To feel like a Jewish family together in a public space, only a few weeks before potentially polarizing elections, that qualifies as my first Hanukkah miracle of the festival.
December 4, 2014 by Avi Staiman
I enjoy my trips to the supermarket in the small industrial zone tucked away on one of the slopping hills of the northeastern suburb of Jerusalem, Maale Adumim. Aside from the thrilling search for the latest sales, the occasional who-was-in-line-first shouting match at the deli counter, or the short prayer that they stocked my daughter’s diaper size, there is an encounter I look forward to every time I walk through the doors. And it has nothing to do with shopping.
In this suburban “West Bank” city, the largest shopping market, Rami Levi (Jewish owned), employs a large number of Palestinian Arabs in positions ranging from bag boys to directing managers. The staff comes from the neighboring towns of Issawyia, Azzariah, Jahalin and other smaller villages in the vicinity.
My bi-monthly trip is one of the rare opportunities I have to interact with the men and women who live one town over (across the street in some cases). The encounter is brief and light, but it’s also real, ordinary and spontaneous. And while asking where the tomato sauce has been moved to, can hardly be considered peace talks, it is a real interaction that leaves me wanting more.
As I step into line at my favorite checkout counter and approach the Arab cashier, my mind starts to spit out unfiltered questions: What does he think of me? What do I think of him? Am I justified in being cautious and wary in his company? Does he fear me for something that has happened to him or someone he knows? Is he thinking about the same questions that I’m thinking about?
However, as time passes I realize that I am asking myself the wrong questions. The question I should be asking myself is not what we are thinking, but rather how can we can go about changing how we think and the impressions that we make.
So with my best ahlan (Arabic for hello), a warm smile and a little extra chit chat than my norm, I pass through the queue hoping that I have somehow left an impression. While I wouldn’t go as far as calling my supermarket a model for co-existence, it is the most real, natural and consistent chance I have for real interaction with the so-called “other side”.
Last night, I drove to my supermarket for a different reason. A close friend of mine had been caught hours earlier with his two year old daughter at the store in the thick of a stabbing attack, where a terrorist went on a stabbing rampage and two individuals were hospitalized with upper body wounds. My friend hurriedly fled the scene, jumping into a car with a stranger to flee the mayhem.
Upon bringing him to the supermarket to pick up his car that he left behind, he showed me how he managed to run out the back exit, and maneuver himself and his daughter over an eight-foot-high steel fence to protect them both and bring them to safety.

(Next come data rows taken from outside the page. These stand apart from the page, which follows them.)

-- ===== src/Program/Sessions.antt =====
-- What holds in any run of cmd/server: it has nothing of a session that was not created.
use yuzu_agent_webrtc_toy.Prelude.{
  length, ◌≤◌, ℕ, ◌<◌, ◌≡◌, ◌≢◌, ◌⊎◌, inl, inr, refl, ap, subst, ◌∙◌, sym, true, false, [], Option,
  none, arith, Bool-cases,
}
use yuzu_agent_webrtc_toy.Prelude.Int.{ℤ}
use yuzu_agent_webrtc_toy.Text.{Str, str_eq, str_eq_iff}
use yuzu_agent_webrtc_toy.Maps.{lookup}
use yuzu_agent_webrtc_toy.Clock.{Time}
use yuzu_agent_webrtc_toy.Auth.{Crypto}
use yuzu_agent_webrtc_toy.Store.{Store, get_session, new_store, list_events, max_events}
use yuzu_agent_webrtc_toy.Store.Log.{new_store-IsCapped}
use yuzu_agent_webrtc_toy.Store.Isolation.{stored, is_known}
use yuzu_agent_webrtc_toy.Bot.{new_local_runner}
use yuzu_agent_webrtc_toy.Bot.Processes.{count}
use yuzu_agent_webrtc_toy.Bot.Isolation.{ran}
use yuzu_agent_webrtc_toy.WorkerWs.{
  WorkerConfig, Admission, admitted, bad_request, not_found, unauthorized, admit, is_some,
}
use yuzu_agent_webrtc_toy.WorkerWs.Connections.{admit-MayConnect}
use yuzu_agent_webrtc_toy.Api.{Config}
use yuzu_agent_webrtc_toy.Api.Sessions.{
  handle_start_session, start_known, handle_end_session, end_known,
}
use yuzu_agent_webrtc_toy.Api.Dev.{dev_authorized, handle_debug_vad, debug_known}
use yuzu_agent_webrtc_toy.Api.Isolation.{handle_create_session-known}
use yuzu_agent_webrtc_toy.Program.{
  Program, new_program, backend, on_admission, on_debug_vad, Action, connects, reads, creates,
  starts, ends, debug_vad, bot_exits, bot_logs, step,
}
use yuzu_agent_webrtc_toy.Program.Isolation.{View, view, session_of, step-Affects}

-- A handler reads once it has started, a process that lives can exit, and a session whose bot was
-- started once can have lines of its output, also after its exit.
abbrev pub Enabled : Program → Action → Type 0
Enabled p (connects session_id authz conn) = Unit
Enabled p (reads session_id read write cmd_id) =
    (is_some (lookup session_id p.ws.last_seq) ≡ true) × (cmd_id ≢ [])
Enabled p (creates daily id) = Unit
Enabled p (starts req id launch) = Unit
Enabled p (ends id) = Unit
Enabled p (debug_vad req id typ cmd_id) = cmd_id ≢ []
Enabled p (bot_exits id err) = 0 < count id p.runner.alive
Enabled p (bot_logs id stream line) = is_some (lookup id p.ws.store.bot_running) ≡ true

pub data Reach (c : Crypto) (p : Program) : Program → Type 0 where
  here : Reach c p p
  next :
      {q : Program}
      → Reach c p q
      → (a : Action) → (now : Time) → Enabled q a
      → Reach c p (step c q a now).0

-- Nothing.
abbrev pub no_view : View
no_view = record {
  stored = record { session = none; events = none; running = none; worker = none };
  ran = record { proc = none; starting = 0; alive = 0 };
  conn = none;
  last_seq = none;
  floor = none;
}

-- The program has nothing of a session that its store does not have.
abbrev pub IsTidy : Program → Type 0
IsTidy p = (j : Str) → is_known p.ws.store j ≡ false → view j p ≡ no_view

new_program-IsTidy :
    (cfg : Config) (ws_cfg : WorkerConfig) (timeout_sec : ℤ) (worker_cmd : Str)
    → IsTidy (new_program cfg ws_cfg timeout_sec worker_cmd)
unfolding new_program new_store new_local_runner view stored ran count lookup
new_program-IsTidy cfg ws_cfg timeout_sec worker_cmd j h = refl

known-view :
    (p q : Program) (j : Str) → view j q ≡ view j p → is_known q.ws.store j ≡ is_known p.ws.store j
unfolding view stored is_known
known-view p q j e = ap (λ v. is_some v.stored.session) e

unknown-none : (s : Store) (id : Str) → is_known s id ≡ false → get_session s id ≡ none
unfolding is_known get_session
unknown-none s id h = ground (arith, h)

-- Without an admission nothing changes.
pub on_admission-refused :
    (p : Program) (a : Admission) (conn : Option ℕ) (now : Time)
    → ((sid : Str) → a ≢ admitted sid)
    → on_admission p a conn now ≡ p
unfolding on_admission
on_admission-refused p (admitted sid) conn now h = elim (h sid refl) [ ]
on_admission-refused p bad_request conn now h = refl
on_admission-refused p not_found conn now h = refl
on_admission-refused p unauthorized conn now h = refl

-- A step for a session that is not known leaves the program as it is, or creates that session.
module _ (c : Crypto) (p : Program) (now : Time) (tidy : IsTidy p) where
  not_admitted :
      (id authz sid : Str)
      → is_known p.ws.store id ≡ false
      → admit c p.ws id authz now ≢ admitted sid
  not_admitted id authz sid h e =
      let known = (admit-MayConnect c p.ws id authz sid now e).1.known in
      ground (arith, unknown-none p.ws.store id h, known)

  not_read : (id : Str) → is_known p.ws.store id ≡ false → lookup id p.ws.last_seq ≡ none
  unfolding view
  not_read id h = ap (λ v. v.last_seq) (tidy id h)

  not_alive : (id : Str) → is_known p.ws.store id ≡ false → count id p.runner.alive ≡ 0
  unfolding view ran
  not_alive id h = ap (λ v. v.ran.alive) (tidy id h)

  not_started :
      (id : Str) → is_known p.ws.store id ≡ false → lookup id p.ws.store.bot_running ≡ none
  unfolding view stored
  not_started id h = ap (λ v. v.stored.running) (tidy id h)

  step-unknown :
      (a : Action)
      → Enabled p a
      → is_known p.ws.store (session_of a) ≡ false
      → ((step c p a now).0 ≡ p) ⊎ (is_known (step c p a now).0.ws.store (session_of a) ≡ true)
  unfolding step session_of handle_start_session handle_end_session handle_debug_vad on_debug_vad
      start_known end_known debug_known
  step-unknown (connects id authz conn) enabled h = inl (
      on_admission-refused p (admit c p.ws id authz now) conn now
        (λ sid. not_admitted id authz sid h))
  step-unknown (reads id read write cmd_id) enabled h = ground (arith, not_read id h, enabled.0)
  step-unknown (creates daily id) enabled h =
      elim (handle_create_session-known p.cfg daily (backend p) id now) [
        | inl same ↦ inl (rw same refl)
        | inr known ↦ inr known
      ]
  step-unknown (starts req id launch) enabled h = rw (unknown-none p.ws.store id h) (inl refl)
  step-unknown (ends id) enabled h = rw (unknown-none p.ws.store id h) (inl refl)
  step-unknown (debug_vad req id typ cmd_id) enabled h =
      rw (unknown-none p.ws.store id h) (elim (Bool-cases (dev_authorized p.cfg req)) [
        | inl e ↦ rw e (inl refl)
        | inr e ↦ rw e (inl refl)
      ])
  step-unknown (bot_exits id err) enabled h = ground (arith, not_alive id h, enabled)
  step-unknown (bot_logs id stream line) enabled h = ground (arith, not_started id h, enabled)

  own_view :
      (a : Action)
      → Enabled p a
      → is_known (step c p a now).0.ws.store (session_of a) ≡ false
      → view (session_of a) (step c p a now).0 ≡ no_view
  own_view a enabled h = elim (Bool-cases (is_known p.ws.store (session_of a))) [
    | inl was ↦ ground (arith, (step-Affects c p a now).kept was, h)
    | inr was ↦ elim (step-unknown a enabled was) [
      | inl same ↦ ap (view (session_of a)) same ∙ tidy (session_of a) was
      | inr known ↦ ground (arith, known, h)
    ]
  ]

  step-IsTidy : (a : Action) → Enabled p a → IsTidy (step c p a now).0
  step-IsTidy a enabled j h =
      let q = (step c p a now).0 in
      let f = step-Affects c p a now in
      elim (Bool-cases (str_eq (session_of a) j)) [
        | inl same ↦
            subst (λ (x : Str). is_known q.ws.store x ≡ false → view x q ≡ no_view)
              ((str_eq_iff (session_of a) j).0 same) (own_view a enabled) h
        | inr other ↦ f.others j other ∙ tidy j (sym (known-view p q j (f.others j other)) ∙ h)
      ]

module _ (c : Crypto) (cfg : Config) (ws_cfg : WorkerConfig) (timeout_sec : ℤ)
    (worker_cmd : Str) where
  IsTidy-reach :
      {p : Program} → Reach c (new_program cfg ws_cfg timeout_sec worker_cmd) p → IsTidy p
  IsTidy-reach here = new_program-IsTidy cfg ws_cfg timeout_sec worker_cmd
  IsTidy-reach (next {q} reach a now enabled) = step-IsTidy c q now (IsTidy-reach reach) a enabled

-- In any run of the backend from its start, a session that its store does not have is one of which it has
-- nothing: no log, no flag, no connection, no sequence number, no state of the floor and no process.
pub nothing_of_unknown :
    (c : Crypto) (cfg : Config) (ws_cfg : WorkerConfig) (timeout_sec : ℤ) (worker_cmd : Str)
    (p : Program)
    → Reach c (new_program cfg ws_cfg timeout_sec worker_cmd) p
    → (j : Str) → is_known p.ws.store j ≡ false
    → view j p ≡ no_view
nothing_of_unknown c cfg ws_cfg timeout_sec worker_cmd p reach =
    IsTidy-reach c cfg ws_cfg timeout_sec worker_cmd reach

-- In any run of the backend from its start, no log has more than 200 events.
pub reach-IsCapped :
    (c : Crypto) (cfg : Config) (ws_cfg : WorkerConfig) (timeout_sec : ℤ) (worker_cmd : Str)
    (p : Program) (j : Str)
    → Reach c (new_program cfg ws_cfg timeout_sec worker_cmd) p
    → length (list_events p.ws.store j) ≤ max_events
unfolding new_program
reach-IsCapped c cfg ws_cfg timeout_sec worker_cmd _ j here = new_store-IsCapped j
reach-IsCapped c cfg ws_cfg timeout_sec worker_cmd _ j (next {q} reach a now enabled) =
    (step-Affects c q a now).capped
      (λ k. reach-IsCapped c cfg ws_cfg timeout_sec worker_cmd q k reach) j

Having rehashed the scenario to me and wanting to be home with his family, my friend hopped into his car and drove away. Once there, I figured I may as well pick up a few items we needed at home. Walking through the doors into the store, which had been freshly mopped from the blood on the floors, there was a palpable tension in the air. Shoppers and staff alike seemed on edge, calculating their actions and weighing their words.
So I did the only thing I could: I picked up my groceries, stood in line, smiled and chatted with my cashier, and drove home.
My friends to the right will tell me that last night’s incident proves that my desire for interaction is naive and dangerous, while my friends to the left will say that I have no business being there in the first place. However, I still believe that my supermarket is exactly where I am supposed to be.